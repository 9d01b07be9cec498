-- ===== src/Descriptor/Samples.antt =====
-- A platform of 4 clusters with 3 cores and the host core, and one of its tasks.
use he_mai_a.Prelude.{
  ℕ, ◌^◌, ◌≤◌, ◌<◌, ◌≡◌, ◌↔◌, refl, true, none, some, [], ◌∷◌, arith, ok, err, Error,
}
use he_mai_a.Prelude.Bits.{test_bit}
use he_mai_a.Prelude.Members.{contains}
use he_mai_a.Node.{BingoNode, new_node}
use he_mai_a.Descriptor.{
  Dimensions, idx_width, descriptor_fields, write_field, write_fields, pack_node, unpack_node,
  core_code,
}
use he_mai_a.Descriptor.Codes.{test_bit-core_code}
use he_mai_a.Descriptor.Width.{idx_width-IsLeastWidth}
use he_mai_a.Descriptor.Roundtrip.{
  IsPackable, descriptor_width, descriptor_rows, unpack-pack, pack_node-too_wide,
}

abbrev platform : Dimensions
platform = record { num_clusters_per_chiplet = 4; num_cores_per_cluster = 4 }

abbrev task : BingoNode
task = record (new_node 0x10 2 1 "gemm" (some "__snax_bingo_kernel_gemm") none) {
  node_id = 77;
  dep_check_enable = true;
  dep_check_list = 3 ∷ 0 ∷ [];
  dep_set_enable = true;
  dep_set_list = 2 ∷ [];
  dep_set_chiplet_id = 0x11;
  dep_set_cluster_id = 3;
  dep_set_tag = 9;
}

task_word : pack_node platform task ≡ ok 2679945409958287872
unfolding pack_node descriptor_fields write_fields write_field
task_word = refl

abbrev wide : Dimensions
wide = record { num_clusters_per_chiplet = 16; num_cores_per_cluster = 4 }

platform_width : descriptor_width platform ≡ 62
unfolding idx_width
platform_width = refl

task-IsPackable : IsPackable platform task
task-IsPackable = omega arith

unpack-pack_example :
    (word : ℕ) × (pack_node platform task ≡ ok word)
    × (word < 2 ^ 64)
    × (unpack_node platform word ≡ descriptor_rows task)
unpack-pack_example = unpack-pack platform task task-IsPackable (omega (arith, platform_width))

pack_node-too_wide_example :
    (pack_node wide task ≡ err Error.descriptor_too_wide) ↔ (64 < descriptor_width wide)
pack_node-too_wide_example = pack_node-too_wide wide task

idx_width-IsLeastWidth_example : (5 ≤ 2 ^ idx_width 5) × ((v : ℕ) → v < idx_width 5 → 2 ^ v < 5)
idx_width-IsLeastWidth_example = idx_width-IsLeastWidth 5 (omega arith) (omega arith)

test_bit-core_code_example : test_bit (core_code (3 ∷ 0 ∷ [])) 3 ≡ contains (3 ∷ 0 ∷ []) 3
test_bit-core_code_example = test_bit-core_code (3 ∷ 0 ∷ []) 3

**Task prompt:**
For each record above, write it out again exactly.

**Result below:**
repository 9d01b07be9cec498
-- ===== src/Descriptor/Samples.antt =====
-- A platform of 4 clusters with 3 cores and the host core, and one of its tasks.
use he_mai_a.Prelude.{
  ℕ, ◌^◌, ◌≤◌, ◌<◌, ◌≡◌, ◌↔◌, refl, true, none, some, [], ◌∷◌, arith, ok, err, Error,
}
use he_mai_a.Prelude.Bits.{test_bit}
use he_mai_a.Prelude.Members.{contains}
use he_mai_a.Node.{BingoNode, new_node}
use he_mai_a.Descriptor.{
  Dimensions, idx_width, descriptor_fields, write_field, write_fields, pack_node, unpack_node,
  core_code,
}
use he_mai_a.Descriptor.Codes.{test_bit-core_code}
use he_mai_a.Descriptor.Width.{idx_width-IsLeastWidth}
use he_mai_a.Descriptor.Roundtrip.{
  IsPackable, descriptor_width, descriptor_rows, unpack-pack, pack_node-too_wide,
}

abbrev platform : Dimensions
platform = record { num_clusters_per_chiplet = 4; num_cores_per_cluster = 4 }

abbrev task : BingoNode
task = record (new_node 0x10 2 1 "gemm" (some "__snax_bingo_kernel_gemm") none) {
  node_id = 77;
  dep_check_enable = true;
  dep_check_list = 3 ∷ 0 ∷ [];
  dep_set_enable = true;
  dep_set_list = 2 ∷ [];
  dep_set_chiplet_id = 0x11;
  dep_set_cluster_id = 3;
  dep_set_tag = 9;
}

task_word : pack_node platform task ≡ ok 2679945409958287872
unfolding pack_node descriptor_fields write_fields write_field
task_word = refl

abbrev wide : Dimensions
wide = record { num_clusters_per_chiplet = 16; num_cores_per_cluster = 4 }

platform_width : descriptor_width platform ≡ 62
unfolding idx_width
platform_width = refl

task-IsPackable : IsPackable platform task
task-IsPackable = omega arith

unpack-pack_example :
    (word : ℕ) × (pack_node platform task ≡ ok word)
    × (word < 2 ^ 64)
    × (unpack_node platform word ≡ descriptor_rows task)
unpack-pack_example = unpack-pack platform task task-IsPackable (omega (arith, platform_width))

pack_node-too_wide_example :
    (pack_node wide task ≡ err Error.descriptor_too_wide) ↔ (64 < descriptor_width wide)
pack_node-too_wide_example = pack_node-too_wide wide task

idx_width-IsLeastWidth_example : (5 ≤ 2 ^ idx_width 5) × ((v : ℕ) → v < idx_width 5 → 2 ^ v < 5)
idx_width-IsLeastWidth_example = idx_width-IsLeastWidth 5 (omega arith) (omega arith)

test_bit-core_code_example : test_bit (core_code (3 ∷ 0 ∷ [])) 3 ≡ contains (3 ∷ 0 ∷ []) 3
test_bit-core_code_example = test_bit-core_code (3 ∷ 0 ∷ []) 3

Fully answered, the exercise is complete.